Gulf Insurance Company v. Kolob Corporation, 9803.

Decision Date17 January 1968
Docket NumberNo. 9803.,9803.
Citation404 F.2d 115
PartiesGULF INSURANCE COMPANY, Inc., Appellant, v. The KOLOB CORPORATION, Inc., Appellee.
CourtU.S. Court of Appeals — Tenth Circuit

George L. Vargas, Reno, Nev. (Gordon R. Strong, Salt Lake City, Utah, Vargas, Bartlett & Dixon, Reno, Nev., and Strong & Hanni, Salt Lake City, Utah, with him on the brief), for appellant.

Harold G. Christensen, Salt Lake City, Utah (Robert M. Anderson, Worsley, Snow & Christensen, and Van Cott, Bagley, Cornwall & McCarthy, Salt Lake City, Utah, with him on the brief), for appellee.

Before LEWIS, SETH and HICKEY, Circuit Judges.

SETH, Circuit Judge.

Appellant, Gulf Insurance Company, Inc., brought this action against the appellee, The Kolob Corporation, Inc., to recover the amount of a judgment and costs which the appellant had paid in an action brought against it on a fire insurance policy.
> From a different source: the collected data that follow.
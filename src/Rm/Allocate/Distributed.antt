-- ===== src/Rm/Allocate/Distributed.antt =====
-- distributedAlloc as a greedy choice among candidates, with any sort that is one.
use mathlib.Core.List.Perm
use mathlib.Core.List.{Perm}
use mathlib.Core.Path.{subst, fun_ext}
use volcano_vgpu_device_plug.Prelude.{
  ℕ, zero, suc, ◌+◌, ◌-◌, ◌≤◌, ◌≡◌, refl, sym, ap, ◌∙◌, some, List, [], ◌∷◌, ◌++◌, arith, le→ltb,
  ◌>>=◌, length, Member, filter, filter_yes, filter_no, map, Bool-cases, inl, inr,
}
use mathlib.Core.List.{Permᴰ}
use mathlib.Core.Logic.{∥∥₁_elim}
use volcano_vgpu_device_plug.Prelude.Int.{ℤ, ◌≤ℤ◌, sub_ℕ}
use volcano_vgpu_device_plug.GoText.{Str, str_eq}
use volcano_vgpu_device_plug.Rm.AnnotatedId.{get_id}
use volcano_vgpu_device_plug.Rm.Devices.{Device, Devices, subset, difference, device_ids}
use volcano_vgpu_device_plug.Rm.Allocate.{
  difference_of, decrement, count_of, keys, alloc_loop, distributed_alloc,
}

-- A sort permutes the list and puts an entry with a least key first.
pub record IsSort (sort : (Str → ℤ) → List Str → List Str) : Type 0 where
  pub perm : (key : Str → ℤ) (l : List Str) → Perm (sort key l) l
  pub same_length : (key : Str → ℤ) (l : List Str) → length (sort key l) ≡ length l
  pub least :
      (key : Str → ℤ) (l rest : List Str) (x y : Str)
      → sort key l ≡ x ∷ rest
      → Member y l
      → key x ≤ℤ key y

-- How many of the ids are replicas of a device.
abbrev pub replicas_of : Str → List Str → ℕ
replicas_of id ids = length (filter (λ x. str_eq (get_id x) id) ids)

count_of-replicas : (id : Str) (ids : List Str) → count_of id ids ≡ replicas_of id ids
count_of-replicas id [] = refl
count_of-replicas id (x ∷ ids) = elim (Bool-cases (str_eq (get_id x) id)) [
  | inl e ↦
      rw (e, filter_yes (λ x. str_eq (get_id x) id) x ids e) (ap suc (count_of-replicas id ids))
  | inr e ↦ rw (e, filter_no (λ x. str_eq (get_id x) id) x ids e) (count_of-replicas id ids)
]

keys-map : (devices : Devices) → keys devices ≡ map (λ (e : Str × Device). e.0) devices
keys-map [] = refl
keys-map ((k, d) ∷ devices) = ap (λ l. k ∷ l) (keys-map devices)

count_of-Permᴰ : (id : Str) {l m : List Str} → Permᴰ l m → count_of id l ≡ count_of id m
count_of-Permᴰ id Permᴰ.nil = refl
count_of-Permᴰ id (Permᴰ.cons {a} {b} e p) = ground (arith, ap get_id e, count_of-Permᴰ id p)
count_of-Permᴰ id (Permᴰ.swap {a} {b} {a'} {b'} e f) = ground (arith, ap get_id e, ap get_id f)
count_of-Permᴰ id (Permᴰ.trans p q) = count_of-Permᴰ id p ∙ count_of-Permᴰ id q

count_of-perm : (id : Str) {l m : List Str} → Perm l m → count_of id l ≡ count_of id m
count_of-perm id {l} {m} p =
    ∥∥₁_elim p (numbers (count_of id l) (count_of id m)) (count_of-Permᴰ id)
  where
    numbers : IsSet ℕ
    numbers = hlevel

sub_ℕ-le : (a b c d : ℕ) → sub_ℕ a b ≤ℤ sub_ℕ c d → a + d ≤ c + b
sub_ℕ-le a b c d h = ground arith

-- The chosen ids are candidates, each taken once, and when an id was taken, no candidate that was
-- left had a device with fewer replicas in use: of the replicas that the map has of a device, those
-- are in use that are not among the candidates left.
abbrev pub IsGreedy : (Str → ℕ) → List Str → List Str → Type 0
IsGreedy totals [] candidates = Unit
IsGreedy totals (c ∷ chosen) candidates =
    (rest : List Str) × Perm (c ∷ rest) candidates
    × ((y : Str)
        → Member y candidates
        → totals (get_id c) + replicas_of (get_id y) candidates
          ≤ totals (get_id y) + replicas_of (get_id c) candidates)
    × IsGreedy totals chosen rest

-- Greedily chosen ids are a part of the candidates.
IsGreedy-perm :
    (totals : Str → ℕ) (chosen candidates : List Str)
    → IsGreedy totals chosen candidates
    → (rest : List Str) × Perm (chosen ++ rest) candidates
IsGreedy-perm totals [] candidates g = (candidates, Perm.refl candidates)
IsGreedy-perm totals (c ∷ chosen) candidates (left, p, _, g) =
    let (rest, q) = IsGreedy-perm totals chosen left g in (rest, Perm.trans (Perm.cons c q) p)

-- The counts of the loop are those of the candidates.
abbrev Counts : (Str → ℕ) → List Str → Type 0
Counts available candidates = (id : Str) → available id ≡ count_of id candidates

Counts-decrement :
    (available : Str → ℕ) (c : Str) (rest candidates : List Str)
    → Perm (c ∷ rest) candidates
    → Counts available candidates
    → Counts (decrement (get_id c) available) rest
Counts-decrement available c rest candidates p h id = ground (arith, h id, count_of-perm id p)

module _ (sort : (Str → ℤ) → List Str → List Str) (is_sort : IsSort sort) where
  -- What a run of the loop has to achieve.
  abbrev Chooses : (Str → ℕ) → ℕ → (Str → ℕ) → List Str → Type 0
  Chooses totals needed available candidates =
      (chosen : List Str) × (alloc_loop sort totals needed available candidates ≡ some chosen)
      × (length chosen ≡ needed)
      × IsGreedy totals chosen candidates

  least-used :
      (totals available : Str → ℕ) (candidates rest : List Str) (c y : Str)
      → Counts available candidates
      → sort (difference_of totals available) candidates ≡ c ∷ rest
      → Member y candidates
      → totals (get_id c) + replicas_of (get_id y) candidates
        ≤ totals (get_id y) + replicas_of (get_id c) candidates
  least-used totals available candidates rest c y counts e m = omega (
    arith,
    sub_ℕ-le (totals (get_id c)) (available (get_id c)) (totals (get_id y)) (available (get_id y))
        (is_sort.least (difference_of totals available) candidates rest c y e m),
    counts (get_id c),
    counts (get_id y),
    count_of-replicas (get_id c) candidates,
    count_of-replicas (get_id y) candidates,
  )

  -- One round, from the sorted candidates and what the later rounds achieve.
  Chooses-suc :
      (totals : Str → ℕ) (needed : ℕ) (available : Str → ℕ) (candidates sorted : List Str)
      → suc needed ≤ length candidates
      → Counts available candidates
      → sort (difference_of totals available) candidates ≡ sorted
      → ((c : Str) (rest : List Str)
          → needed ≤ length rest
          → Counts (decrement (get_id c) available) rest
          → Chooses totals needed (decrement (get_id c) available) rest)
      → Chooses totals (suc needed) available candidates
  unfolding alloc_loop
  Chooses-suc totals needed available candidates [] h counts e ih =
      absurd (
        omega (arith, is_sort.same_length (difference_of totals available) candidates, ap length e))
  Chooses-suc totals needed available candidates (c ∷ rest) h counts e ih =
      let key = difference_of totals available in
      let size : length (c ∷ rest) ≡ length candidates =
        sym (ap length e) ∙ is_sort.same_length key candidates in
      let p : Perm (c ∷ rest) candidates =
        subst (λ l. Perm l candidates) e (is_sort.perm key candidates) in
      let (chosen, runs, count, greedy) =
        ih c rest (omega arith) (Counts-decrement available c rest candidates p counts) in
      (
        c ∷ chosen,
        rw (e, alloc_loop) (rw (runs, ◌>>=◌)),
        omega arith,
        (rest, p, (λ y m. least-used totals available candidates rest c y counts e m), greedy),
      )

  alloc_loop-Chooses :
      (totals : Str → ℕ) (needed : ℕ) (available : Str → ℕ) (candidates : List Str)
      → needed ≤ length candidates
      → Counts available candidates
      → Chooses totals needed available candidates
  alloc_loop-Chooses totals zero available candidates h counts =
      ([], unfold alloc_loop in refl, refl, tt)
  alloc_loop-Chooses totals (suc needed) available candidates h counts =
      Chooses-suc totals needed available candidates _ h counts refl
        (λ c rest. alloc_loop-Chooses totals needed (decrement (get_id c) available) rest)

  IsGreedy-totals :
      (totals totals' : Str → ℕ) (chosen candidates : List Str)
      → ((id : Str) → totals id ≡ totals' id)
      → IsGreedy totals chosen candidates
      → IsGreedy totals' chosen candidates
  IsGreedy-totals totals totals' chosen candidates same g =
      subst (λ t. IsGreedy t chosen candidates) (fun_ext same) g

  module _ (order : List Str → List Str) (devices : Devices) (available required : List Str)
      (size : ℕ) where
    abbrev pub candidates_of : List Str
    candidates_of =
        order (device_ids (difference (subset devices available) (subset devices required)))

    -- If there are enough candidates, distributedAlloc returns the required ids and behind them as
    -- many candidates as are needed, each taken once, and each taken when its device had the fewest
    -- replicas in use of all the candidates left: those of its replicas in the map of devices that
    -- are not among the candidates left.
    pub distributed_alloc-IsGreedy :
        size ≤ length candidates_of + length required
        → (chosen : List Str) × (distributed_alloc sort order devices available required size
            ≡ some (some (required ++ chosen)))
          × (length chosen ≡ size - length required)
          × IsGreedy
              (λ id. replicas_of id (map (λ (e : Str × Device). e.0) devices))
              chosen
              candidates_of
          × ((rest : List Str) × Perm (chosen ++ rest) candidates_of)
    unfolding distributed_alloc
    distributed_alloc-IsGreedy h =
        let totals : Str → ℕ = λ id. count_of id (keys devices) in
        let (chosen, runs, count, greedy) =
          alloc_loop-Chooses totals (size - length required) (λ id. count_of id candidates_of)
            candidates_of (omega arith) (λ id. refl) in
        (
          chosen,
          rw (le→ltb (length candidates_of) (size - length required) (omega arith))
              (rw (runs, ◌>>=◌)),
          count,
          IsGreedy-totals totals (λ id. replicas_of id (map (λ (e : Str × Device). e.0) devices))
              chosen candidates_of
              (λ id. count_of-replicas id (keys devices) ∙ ap (replicas_of id) (keys-map devices))
              greedy,
          IsGreedy-perm totals chosen candidates_of greedy,
        )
Appellee was a former general agent of appellant insurance company, and the fire loss had occurred on property insured by the appellant under a policy which it asserts should have been cancelled by the appellee before the loss.

The case was tried to a jury which found for the appellant in an amount less than the amount sued for. The lesser amount was apparently awarded in accordance with instructions from the court that the appellant could only recover a fractional amount of the loss. However, the trial court upon motion of the appellee set aside the jury verdict and directed a verdict in favor of the appellee.

The appellant on this appeal urges that the trial court was in error in directing the verdict and in giving and refusing certain instructions.

The record shows that the appellant was engaged in the fire insurance business and had entered into a general agency contract with appellee. A substantial amount of insurance had been written for appellant through the agency including the fire insurance policy in question. Appellant thereafter terminated the general agency agreement with the appellee, and arrangements were made whereby appellee would continue to collect and remit certain premiums and would also handle the cancellation of outstanding policies.

Pursuant to this arrangement, the appellant requested appellee to cancel a substantial number of policies, including the policy here in issue. The request for cancellation pertinent to this appeal was made in writing on November 19, 1962; however, appellee did not cancel the policy, and on December 31, 1962, the insured property was destroyed by fire. The insured recovered a judgment against appellant in an action brought on the policy in Nevada. In connection with this litigation, appellant incurred certain adjustment costs, attorneys' fees and expenses. This action was then commenced by appellant to recover the amount of this judgment and the additional fees and expenses from appellee.

The record also shows that during the period the policy and the general agency agreement were in effect, an officer of the appellant became concerned about the nature of the risk and requested the appellee to arrange for reinsurance. This was done, and several other companies, procured by the appellee, reinsured appellant on this risk to the extent of four-fifths of the face amount of appellant's policy. This reinsurance was evidenced by a certificate of reinsurance which shows on its face that it covered policy No. C-6167002, which was the policy in question. The certificate listed the reinsuring companies thereon with the amounts ceded. This reinsurance was secured and the certificate issued by the appellee.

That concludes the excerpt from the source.